> _Aim of the exercise_
Scan the entries below and return each line that contains "array".

> _Source data_
-- ===== src/AuthSet.antt =====
-- class AuthorizationSet of include/keymaster/authorization_set.h and authorization_set.cpp: the
-- state and its storage. The heap of the two arrays is explicit: `allocated` is what the array
-- behind `indirect_data_` has room for, which `indirect_data_capacity_` is meant to record.
pub mod View
pub mod Order
pub mod Storage
pub mod Push
pub mod Fill
pub mod Wire
pub mod Lookup
use platform_system_keymaste.Common.{
  ℕ, ◌+◌, ◌*◌, ◌-◌, ◌%◌, ◌^◌, Bool, true, false, List, [], ◌∷◌, ◌++◌, ltb, leb, ◌==◌, length,
  if◌then◌else◌,
}
use platform_system_keymaste.Defs.{KeymasterDefs, KeyParam, SourceParam, is_blob_tag}

-- AuthorizationSet::Error.
pub data SetError : Type 0 where
  valid allocation_failure malformed_data : SetError

abbrev pub is_valid : SetError → Bool
is_valid valid = true
is_valid _ = false

pub record AuthorizationSet : Type 0 where
  pub elems : List KeyParam
  pub elems_capacity : ℕ
  pub indirect_data : List ℕ
  pub indirect_data_capacity : ℕ
  pub allocated : ℕ
  pub error : SetError

-- `new (std::nothrow)` of that many elements, and of that many bytes.
pub record Allocator : Type 0 where
  pub grants_elems : ℕ → Bool
  pub grants_bytes : ℕ → Bool

-- A method's result and the new state, or a write outside an array.
pub data Outcome : Type 0 where
  done : Bool → AuthorizationSet → Outcome
  out_of_bounds : Outcome

-- The rest of a method after a call that must succeed.
abbrev pub and_then : Outcome → (AuthorizationSet → Outcome) → Outcome
and_then (done true s) f = f s
and_then (done false s) f = done false s
and_then out_of_bounds f = out_of_bounds

unfoldable pub empty_set : AuthorizationSet
empty_set = record {
  elems = [];
  elems_capacity = 0;
  indirect_data = [];
  indirect_data_capacity = 0;
  allocated = 0;
  error = valid;
}

unfoldable pub clear : AuthorizationSet → AuthorizationSet
clear s = record s { elems = []; indirect_data = [] }

unfoldable pub free_data : AuthorizationSet → AuthorizationSet
unfolding clear
free_data s = record (clear s) {
  elems_capacity = 0;
  indirect_data_capacity = 0;
  allocated = 0;
  error = valid;
}

unfoldable pub set_invalid : SetError → AuthorizationSet → AuthorizationSet
unfolding free_data
set_invalid e s = record (free_data s) { error = e }

-- `MoveFrom`: what the target becomes, and what is left of the source.
unfoldable pub move_from : AuthorizationSet → AuthorizationSet × AuthorizationSet
unfolding empty_set
move_from s = (s, empty_set)

-- The outcome of a method that writes nothing out of bounds.
abbrev pub returned : Bool × AuthorizationSet → Outcome
returned (b, s) = done b s

unfoldable pub reserve_elems : Allocator → ℕ → AuthorizationSet → Bool × AuthorizationSet
unfolding set_invalid
reserve_elems al count s =
    if is_valid s.error
    then if leb s.elems_capacity count
      then if al.grants_elems count
        then (true, record s { elems_capacity = count })
        else (false, set_invalid allocation_failure s)
      else (true, s)
    else (false, s)

-- The data is copied into the new array, which must have room for it.
unfoldable pub reserve_indirect : Allocator → ℕ → AuthorizationSet → Outcome
unfolding set_invalid
reserve_indirect al size s =
    if is_valid s.error
    then if ltb s.indirect_data_capacity size
      then if al.grants_bytes size
        then if leb (length s.indirect_data) size
          then done true (record s { indirect_data_capacity = size; allocated = size })
          else out_of_bounds
        else done false (set_invalid allocation_failure s)
      else done true s
    else done false s

abbrev pub add_elem : KeyParam → AuthorizationSet → AuthorizationSet
add_elem p s = record s { elems = s.elems ++ (p ∷ []) }

abbrev pub scalar_param : SourceParam → KeyParam
scalar_param e = record { tag = e.tag; word = e.word; offset = 0; data_length = 0 }

abbrev pub blob_param : SourceParam → ℕ → KeyParam
blob_param e at = record { tag = e.tag; word = e.word; offset = at; data_length = length e.blob }

-- The blob goes behind the data that is there, which must stay inside the array.
unfoldable pub append_blob : SourceParam → AuthorizationSet → Outcome
append_blob e s =
    if leb (length s.indirect_data + length e.blob) s.allocated
    then done true (
        add_elem (blob_param e (length s.indirect_data))
          (record s { indirect_data = s.indirect_data ++ e.blob }))
    else out_of_bounds

abbrev pub starting_elems_capacity : ℕ
starting_elems_capacity = 8

-- `a - b` on size_t.
abbrev pub size_sub : ℕ → ℕ → ℕ
size_sub a b = (a + 2 ^ 64 - b) % 2 ^ 64

-- `if (elems_size_ >= elems_capacity_) reserve_elems(...)`.
unfoldable pub grow_elems : Allocator → AuthorizationSet → Outcome
unfolding reserve_elems
grow_elems al s =
    if leb s.elems_capacity (length s.elems)
    then returned (
        reserve_elems al
          (if s.elems_capacity == 0 then starting_elems_capacity else s.elems_capacity * 2 % 2 ^ 64)
          s)
    else done true s

unfoldable pub push_blob : Allocator → SourceParam → AuthorizationSet → Outcome
unfolding reserve_indirect append_blob
push_blob al e s =
    if ltb (size_sub s.indirect_data_capacity (length s.indirect_data)) (length e.blob)
    then and_then (reserve_indirect al (2 * (s.indirect_data_capacity + length e.blob) % 2 ^ 64) s)
        (append_blob e)
    else append_blob e s

unfoldable pub push_elem : KeymasterDefs → Allocator → SourceParam → AuthorizationSet → Outcome
unfolding push_blob
push_elem d al e s =
    if is_blob_tag d e.tag then push_blob al e s else done true (add_elem (scalar_param e) s)

-- `push_back(keymaster_key_param_t)`.
unfoldable pub push_back : KeymasterDefs → Allocator → SourceParam → AuthorizationSet → Outcome
unfolding grow_elems push_elem
push_back d al e s =
    if is_valid s.error then and_then (grow_elems al s) (push_elem d al e) else done false s

-- `ComputeIndirectDataSize`, of parameters as a caller passes them.
unfoldable pub source_indirect_size : KeymasterDefs → List SourceParam → ℕ
source_indirect_size d [] = 0
source_indirect_size d (e ∷ es) =
    (if is_blob_tag d e.tag then length e.blob else 0) + source_indirect_size d es

-- The loop of `push_back(keymaster_key_param_set_t)`.
unfoldable pub push_all : KeymasterDefs → Allocator → List SourceParam → AuthorizationSet → Outcome
unfolding push_back
push_all d al [] s = done true s
push_all d al (e ∷ es) s = and_then (push_back d al e s) (push_all d al es)

unfoldable pub push_back_set :
    KeymasterDefs → Allocator → List SourceParam → AuthorizationSet → Outcome
unfolding push_all reserve_elems reserve_indirect source_indirect_size
push_back_set d al es s =
    if is_valid s.error
    then and_then (returned (reserve_elems al (length s.elems + length es) s)) (λ t.
      and_then (reserve_indirect al (length t.indirect_data + source_indirect_size d es) t)
        (push_all d al es))
    else done false s

-- `CopyIndirectData`: the elements with their blobs placed one after the other from `at`, and the
-- bytes.
unfoldable pub copied_elems : KeymasterDefs → ℕ → List SourceParam → List KeyParam
copied_elems d at [] = []
copied_elems d at (e ∷ es) =
    if is_blob_tag d e.tag
    then blob_param e at ∷ copied_elems d (at + length e.blob) es
    else scalar_param e ∷ copied_elems d at es

unfoldable pub copied_bytes : KeymasterDefs → List SourceParam → List ℕ
copied_bytes d [] = []
copied_bytes d (e ∷ es) = (if is_blob_tag d e.tag then e.blob else []) ++ copied_bytes d es

unfoldable pub copy_indirect_data : KeymasterDefs → List SourceParam → AuthorizationSet → Outcome
unfolding copied_elems copied_bytes
copy_indirect_data d es s =
    if leb (length (copied_bytes d es)) s.allocated
    then done true
        (record s { elems = copied_elems d 0 es; indirect_data = copied_bytes d es; error = valid })
    else out_of_bounds

-- `Reinitialize(elems, count)`.
unfoldable pub reinitialize :
    KeymasterDefs → Allocator → List SourceParam → AuthorizationSet → Outcome
unfolding free_data reserve_elems reserve_indirect source_indirect_size copy_indirect_data
reinitialize d al [] s = done true (free_data s)
reinitialize d al (e ∷ es) s =
    and_then (returned (reserve_elems al (length (e ∷ es)) (free_data s))) λ t.
      and_then (reserve_indirect al (source_indirect_size d (e ∷ es)) t)
        (copy_indirect_data d (e ∷ es))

> _Response box_
-- state and its storage. The heap of the two arrays is explicit: `allocated` is what the array
-- A method's result and the new state, or a write outside an array.
-- The data is copied into the new array, which must have room for it.
-- The blob goes behind the data that is there, which must stay inside the array.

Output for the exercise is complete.